*REQUIREMENT*
Look through the records below, and whenever a line contains "UpstreamOpenRequest", copy it.

════

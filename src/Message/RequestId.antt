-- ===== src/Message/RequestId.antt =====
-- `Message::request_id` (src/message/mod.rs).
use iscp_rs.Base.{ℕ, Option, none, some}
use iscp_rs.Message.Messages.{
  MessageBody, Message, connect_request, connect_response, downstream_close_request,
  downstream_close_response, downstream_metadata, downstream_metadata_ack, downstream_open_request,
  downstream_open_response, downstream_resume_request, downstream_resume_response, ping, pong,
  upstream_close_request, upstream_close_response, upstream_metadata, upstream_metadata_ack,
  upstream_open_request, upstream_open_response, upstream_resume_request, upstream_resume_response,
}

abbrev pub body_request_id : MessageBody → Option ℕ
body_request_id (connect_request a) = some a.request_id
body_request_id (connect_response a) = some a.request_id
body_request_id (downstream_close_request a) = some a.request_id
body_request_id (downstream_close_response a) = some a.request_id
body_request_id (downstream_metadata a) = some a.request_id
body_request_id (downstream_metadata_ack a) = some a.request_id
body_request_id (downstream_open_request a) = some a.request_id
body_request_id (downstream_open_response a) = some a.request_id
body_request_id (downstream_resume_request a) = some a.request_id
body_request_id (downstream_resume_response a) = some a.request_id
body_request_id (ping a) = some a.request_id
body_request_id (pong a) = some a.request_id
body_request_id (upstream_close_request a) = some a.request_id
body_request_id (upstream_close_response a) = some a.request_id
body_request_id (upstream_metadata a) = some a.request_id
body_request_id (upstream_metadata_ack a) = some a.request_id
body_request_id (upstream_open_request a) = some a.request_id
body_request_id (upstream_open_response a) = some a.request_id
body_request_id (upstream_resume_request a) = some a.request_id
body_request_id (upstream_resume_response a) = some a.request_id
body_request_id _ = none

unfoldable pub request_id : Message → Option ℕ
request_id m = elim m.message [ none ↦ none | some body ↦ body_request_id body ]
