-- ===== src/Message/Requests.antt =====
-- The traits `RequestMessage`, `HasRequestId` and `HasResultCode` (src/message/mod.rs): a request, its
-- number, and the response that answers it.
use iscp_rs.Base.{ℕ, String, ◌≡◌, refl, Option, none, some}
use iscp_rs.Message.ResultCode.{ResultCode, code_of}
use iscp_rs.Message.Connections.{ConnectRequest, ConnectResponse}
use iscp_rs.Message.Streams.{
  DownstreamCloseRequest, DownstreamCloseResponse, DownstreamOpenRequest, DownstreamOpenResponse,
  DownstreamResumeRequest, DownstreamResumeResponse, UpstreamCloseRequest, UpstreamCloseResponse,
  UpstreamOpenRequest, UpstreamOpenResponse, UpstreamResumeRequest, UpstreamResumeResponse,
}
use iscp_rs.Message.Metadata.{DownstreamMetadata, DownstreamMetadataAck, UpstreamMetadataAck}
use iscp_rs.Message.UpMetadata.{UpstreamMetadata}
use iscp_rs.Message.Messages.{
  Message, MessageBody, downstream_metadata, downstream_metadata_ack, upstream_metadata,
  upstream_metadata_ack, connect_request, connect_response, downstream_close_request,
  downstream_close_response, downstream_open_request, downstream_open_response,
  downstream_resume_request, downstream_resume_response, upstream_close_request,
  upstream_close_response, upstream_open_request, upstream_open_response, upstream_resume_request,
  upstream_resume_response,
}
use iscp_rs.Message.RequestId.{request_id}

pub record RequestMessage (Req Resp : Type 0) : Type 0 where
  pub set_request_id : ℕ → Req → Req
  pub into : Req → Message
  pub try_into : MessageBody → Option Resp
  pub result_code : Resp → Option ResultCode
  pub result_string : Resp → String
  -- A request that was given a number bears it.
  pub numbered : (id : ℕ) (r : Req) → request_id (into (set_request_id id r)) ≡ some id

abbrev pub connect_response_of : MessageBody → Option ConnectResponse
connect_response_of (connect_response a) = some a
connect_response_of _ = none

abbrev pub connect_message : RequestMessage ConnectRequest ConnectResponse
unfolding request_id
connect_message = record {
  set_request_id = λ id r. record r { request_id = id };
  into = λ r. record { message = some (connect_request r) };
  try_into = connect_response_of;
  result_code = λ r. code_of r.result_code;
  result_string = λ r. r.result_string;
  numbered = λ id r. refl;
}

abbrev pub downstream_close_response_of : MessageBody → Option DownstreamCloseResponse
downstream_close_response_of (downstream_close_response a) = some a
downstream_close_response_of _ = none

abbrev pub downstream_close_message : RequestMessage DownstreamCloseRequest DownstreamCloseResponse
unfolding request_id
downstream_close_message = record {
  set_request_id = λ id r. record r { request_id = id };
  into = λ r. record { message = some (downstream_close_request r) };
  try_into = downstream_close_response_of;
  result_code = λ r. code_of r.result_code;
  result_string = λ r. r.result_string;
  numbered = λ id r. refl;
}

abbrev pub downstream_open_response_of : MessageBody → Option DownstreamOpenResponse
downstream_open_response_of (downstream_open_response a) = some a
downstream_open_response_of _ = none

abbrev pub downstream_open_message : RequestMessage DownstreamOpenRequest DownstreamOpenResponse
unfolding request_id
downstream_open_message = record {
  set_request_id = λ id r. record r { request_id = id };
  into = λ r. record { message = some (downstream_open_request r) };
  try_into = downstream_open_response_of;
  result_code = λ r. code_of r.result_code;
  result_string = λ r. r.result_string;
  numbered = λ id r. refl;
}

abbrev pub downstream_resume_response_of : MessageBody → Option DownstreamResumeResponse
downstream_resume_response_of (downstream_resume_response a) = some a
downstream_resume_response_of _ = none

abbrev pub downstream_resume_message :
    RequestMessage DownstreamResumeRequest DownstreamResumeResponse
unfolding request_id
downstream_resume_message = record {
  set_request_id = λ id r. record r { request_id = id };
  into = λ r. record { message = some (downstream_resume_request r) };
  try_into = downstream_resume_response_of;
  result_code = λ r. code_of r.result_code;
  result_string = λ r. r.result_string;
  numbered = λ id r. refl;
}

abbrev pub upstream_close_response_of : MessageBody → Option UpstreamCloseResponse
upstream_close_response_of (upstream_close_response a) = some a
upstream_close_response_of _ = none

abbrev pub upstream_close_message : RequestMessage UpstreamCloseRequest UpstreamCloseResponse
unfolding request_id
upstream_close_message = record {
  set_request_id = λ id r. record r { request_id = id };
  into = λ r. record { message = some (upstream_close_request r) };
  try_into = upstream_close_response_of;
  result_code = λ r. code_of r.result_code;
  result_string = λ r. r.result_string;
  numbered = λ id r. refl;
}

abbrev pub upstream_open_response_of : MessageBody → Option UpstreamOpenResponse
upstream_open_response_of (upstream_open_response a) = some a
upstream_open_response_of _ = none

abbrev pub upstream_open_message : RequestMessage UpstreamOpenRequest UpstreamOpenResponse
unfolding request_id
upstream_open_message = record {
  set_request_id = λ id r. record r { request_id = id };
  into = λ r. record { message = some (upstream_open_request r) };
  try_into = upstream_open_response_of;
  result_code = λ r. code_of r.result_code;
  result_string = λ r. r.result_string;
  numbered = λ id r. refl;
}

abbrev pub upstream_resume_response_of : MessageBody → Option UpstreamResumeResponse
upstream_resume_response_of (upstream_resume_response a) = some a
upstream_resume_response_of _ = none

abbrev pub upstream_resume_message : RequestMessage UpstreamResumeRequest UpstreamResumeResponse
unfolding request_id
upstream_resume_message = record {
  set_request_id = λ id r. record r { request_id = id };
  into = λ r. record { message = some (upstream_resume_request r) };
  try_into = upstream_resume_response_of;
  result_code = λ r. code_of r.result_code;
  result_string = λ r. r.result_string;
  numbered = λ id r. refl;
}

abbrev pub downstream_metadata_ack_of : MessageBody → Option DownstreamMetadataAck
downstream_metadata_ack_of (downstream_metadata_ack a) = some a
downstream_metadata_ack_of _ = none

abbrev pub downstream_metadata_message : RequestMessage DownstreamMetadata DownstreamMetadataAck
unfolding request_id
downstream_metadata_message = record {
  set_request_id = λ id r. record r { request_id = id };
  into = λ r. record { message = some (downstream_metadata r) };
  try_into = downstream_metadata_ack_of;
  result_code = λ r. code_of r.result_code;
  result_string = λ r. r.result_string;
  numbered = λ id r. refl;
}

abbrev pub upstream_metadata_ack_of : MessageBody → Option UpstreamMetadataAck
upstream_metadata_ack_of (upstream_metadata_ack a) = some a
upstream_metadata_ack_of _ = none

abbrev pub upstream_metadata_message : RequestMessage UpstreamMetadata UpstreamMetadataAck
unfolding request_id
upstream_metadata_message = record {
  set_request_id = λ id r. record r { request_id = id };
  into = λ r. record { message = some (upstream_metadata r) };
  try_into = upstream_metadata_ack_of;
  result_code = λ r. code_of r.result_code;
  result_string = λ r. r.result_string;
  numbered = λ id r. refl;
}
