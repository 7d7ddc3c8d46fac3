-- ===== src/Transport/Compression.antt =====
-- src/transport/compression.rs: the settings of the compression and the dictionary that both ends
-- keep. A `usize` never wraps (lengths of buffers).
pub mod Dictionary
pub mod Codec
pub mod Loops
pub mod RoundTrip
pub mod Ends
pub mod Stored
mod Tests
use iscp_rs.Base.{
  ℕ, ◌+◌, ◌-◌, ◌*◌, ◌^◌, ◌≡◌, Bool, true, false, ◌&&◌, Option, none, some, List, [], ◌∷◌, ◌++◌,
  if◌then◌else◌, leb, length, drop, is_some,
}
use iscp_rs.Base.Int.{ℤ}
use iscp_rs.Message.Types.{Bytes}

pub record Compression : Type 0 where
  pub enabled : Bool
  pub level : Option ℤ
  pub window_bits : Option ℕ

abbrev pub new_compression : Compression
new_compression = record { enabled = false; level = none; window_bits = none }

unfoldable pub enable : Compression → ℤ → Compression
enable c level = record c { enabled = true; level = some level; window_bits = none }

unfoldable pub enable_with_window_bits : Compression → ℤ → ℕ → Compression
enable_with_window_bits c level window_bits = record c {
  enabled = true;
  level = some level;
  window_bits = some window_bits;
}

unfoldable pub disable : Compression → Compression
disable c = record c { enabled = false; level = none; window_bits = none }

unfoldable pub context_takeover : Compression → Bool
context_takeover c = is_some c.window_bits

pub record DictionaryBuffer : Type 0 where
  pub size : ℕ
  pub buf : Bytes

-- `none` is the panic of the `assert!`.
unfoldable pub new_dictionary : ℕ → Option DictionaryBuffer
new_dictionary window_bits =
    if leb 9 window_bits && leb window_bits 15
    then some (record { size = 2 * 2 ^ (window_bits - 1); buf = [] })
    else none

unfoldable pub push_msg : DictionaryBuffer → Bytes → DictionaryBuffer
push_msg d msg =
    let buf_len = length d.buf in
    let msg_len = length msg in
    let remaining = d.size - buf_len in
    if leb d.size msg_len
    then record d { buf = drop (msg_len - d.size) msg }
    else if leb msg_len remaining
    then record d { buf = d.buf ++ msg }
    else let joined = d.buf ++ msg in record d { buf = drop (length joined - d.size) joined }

════

*RESPONSE TO THIS EXERCISE*
  UpstreamOpenRequest, UpstreamOpenResponse, UpstreamResumeRequest, UpstreamResumeResponse,
abbrev pub upstream_open_message : RequestMessage UpstreamOpenRequest UpstreamOpenResponse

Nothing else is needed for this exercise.